■ **WORK TASK**
Copy each line of the records that holds the string "false".

■ **RECORDS FOR THIS TASK**
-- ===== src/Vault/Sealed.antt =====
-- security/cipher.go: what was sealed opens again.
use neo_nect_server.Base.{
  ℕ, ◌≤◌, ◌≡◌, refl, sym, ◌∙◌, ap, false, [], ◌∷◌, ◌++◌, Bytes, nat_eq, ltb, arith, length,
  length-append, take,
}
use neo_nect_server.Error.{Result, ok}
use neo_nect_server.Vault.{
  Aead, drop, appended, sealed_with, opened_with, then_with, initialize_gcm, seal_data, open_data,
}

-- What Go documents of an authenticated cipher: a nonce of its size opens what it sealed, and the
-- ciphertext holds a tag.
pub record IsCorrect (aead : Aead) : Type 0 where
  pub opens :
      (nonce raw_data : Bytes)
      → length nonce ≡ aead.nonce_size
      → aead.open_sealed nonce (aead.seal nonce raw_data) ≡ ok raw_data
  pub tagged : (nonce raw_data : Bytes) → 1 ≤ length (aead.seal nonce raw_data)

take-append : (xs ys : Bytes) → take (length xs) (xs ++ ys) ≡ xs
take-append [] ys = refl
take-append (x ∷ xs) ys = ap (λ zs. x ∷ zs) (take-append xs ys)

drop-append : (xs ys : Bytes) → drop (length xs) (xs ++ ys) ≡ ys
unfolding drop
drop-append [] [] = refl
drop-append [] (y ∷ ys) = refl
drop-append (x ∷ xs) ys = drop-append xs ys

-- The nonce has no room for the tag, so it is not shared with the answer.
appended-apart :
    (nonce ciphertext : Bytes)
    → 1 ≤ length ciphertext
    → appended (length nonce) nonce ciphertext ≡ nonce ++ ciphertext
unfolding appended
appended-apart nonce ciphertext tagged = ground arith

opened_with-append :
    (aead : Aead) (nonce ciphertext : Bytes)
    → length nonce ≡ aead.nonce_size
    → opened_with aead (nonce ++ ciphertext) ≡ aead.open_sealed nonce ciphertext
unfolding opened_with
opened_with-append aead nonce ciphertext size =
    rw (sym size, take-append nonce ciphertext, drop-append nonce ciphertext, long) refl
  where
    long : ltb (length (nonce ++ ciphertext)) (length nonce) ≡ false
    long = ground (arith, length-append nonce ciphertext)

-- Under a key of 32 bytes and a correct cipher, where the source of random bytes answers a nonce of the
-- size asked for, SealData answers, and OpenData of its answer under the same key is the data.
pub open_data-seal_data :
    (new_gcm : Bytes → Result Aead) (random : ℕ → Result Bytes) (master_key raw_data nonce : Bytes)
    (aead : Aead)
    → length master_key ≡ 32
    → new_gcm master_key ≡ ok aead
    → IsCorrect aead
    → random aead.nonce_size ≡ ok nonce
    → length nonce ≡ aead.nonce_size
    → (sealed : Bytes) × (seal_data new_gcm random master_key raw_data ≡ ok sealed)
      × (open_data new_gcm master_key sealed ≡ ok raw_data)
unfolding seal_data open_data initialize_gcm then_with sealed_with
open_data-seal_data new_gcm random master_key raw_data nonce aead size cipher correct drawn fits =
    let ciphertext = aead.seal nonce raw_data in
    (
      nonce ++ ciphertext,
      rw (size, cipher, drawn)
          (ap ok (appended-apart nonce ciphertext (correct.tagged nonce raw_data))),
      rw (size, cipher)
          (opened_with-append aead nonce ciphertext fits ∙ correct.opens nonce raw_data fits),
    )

--

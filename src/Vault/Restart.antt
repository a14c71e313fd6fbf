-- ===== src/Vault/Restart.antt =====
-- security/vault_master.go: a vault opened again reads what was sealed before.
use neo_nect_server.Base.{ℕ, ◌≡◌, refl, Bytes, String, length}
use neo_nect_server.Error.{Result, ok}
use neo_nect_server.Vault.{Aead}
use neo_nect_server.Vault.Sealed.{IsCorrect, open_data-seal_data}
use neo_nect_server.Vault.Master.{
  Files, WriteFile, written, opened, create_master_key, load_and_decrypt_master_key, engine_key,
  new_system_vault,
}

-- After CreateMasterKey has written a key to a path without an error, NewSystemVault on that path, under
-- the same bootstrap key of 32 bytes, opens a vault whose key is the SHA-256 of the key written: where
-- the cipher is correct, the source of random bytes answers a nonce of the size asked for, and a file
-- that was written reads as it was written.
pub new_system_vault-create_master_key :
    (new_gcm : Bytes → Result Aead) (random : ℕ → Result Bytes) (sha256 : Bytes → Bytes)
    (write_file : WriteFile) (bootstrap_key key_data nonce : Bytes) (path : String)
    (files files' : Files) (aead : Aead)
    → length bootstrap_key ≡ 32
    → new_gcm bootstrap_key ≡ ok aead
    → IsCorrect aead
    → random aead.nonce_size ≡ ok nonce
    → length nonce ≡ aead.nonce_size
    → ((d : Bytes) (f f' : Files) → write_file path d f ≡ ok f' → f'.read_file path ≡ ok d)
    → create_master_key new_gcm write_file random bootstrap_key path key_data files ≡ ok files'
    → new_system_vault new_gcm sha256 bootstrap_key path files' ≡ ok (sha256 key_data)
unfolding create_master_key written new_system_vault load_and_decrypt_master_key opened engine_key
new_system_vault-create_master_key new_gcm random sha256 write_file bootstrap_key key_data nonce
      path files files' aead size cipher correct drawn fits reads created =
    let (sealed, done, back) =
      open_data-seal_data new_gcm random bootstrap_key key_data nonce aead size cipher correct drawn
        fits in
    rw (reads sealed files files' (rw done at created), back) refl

■ **ANSWER TO THIS PROBLEM**
  ℕ, ◌≤◌, ◌≡◌, refl, sym, ◌∙◌, ap, false, [], ◌∷◌, ◌++◌, Bytes, nat_eq, ltb, arith, length,
    long : ltb (length (nonce ++ ciphertext)) (length nonce) ≡ false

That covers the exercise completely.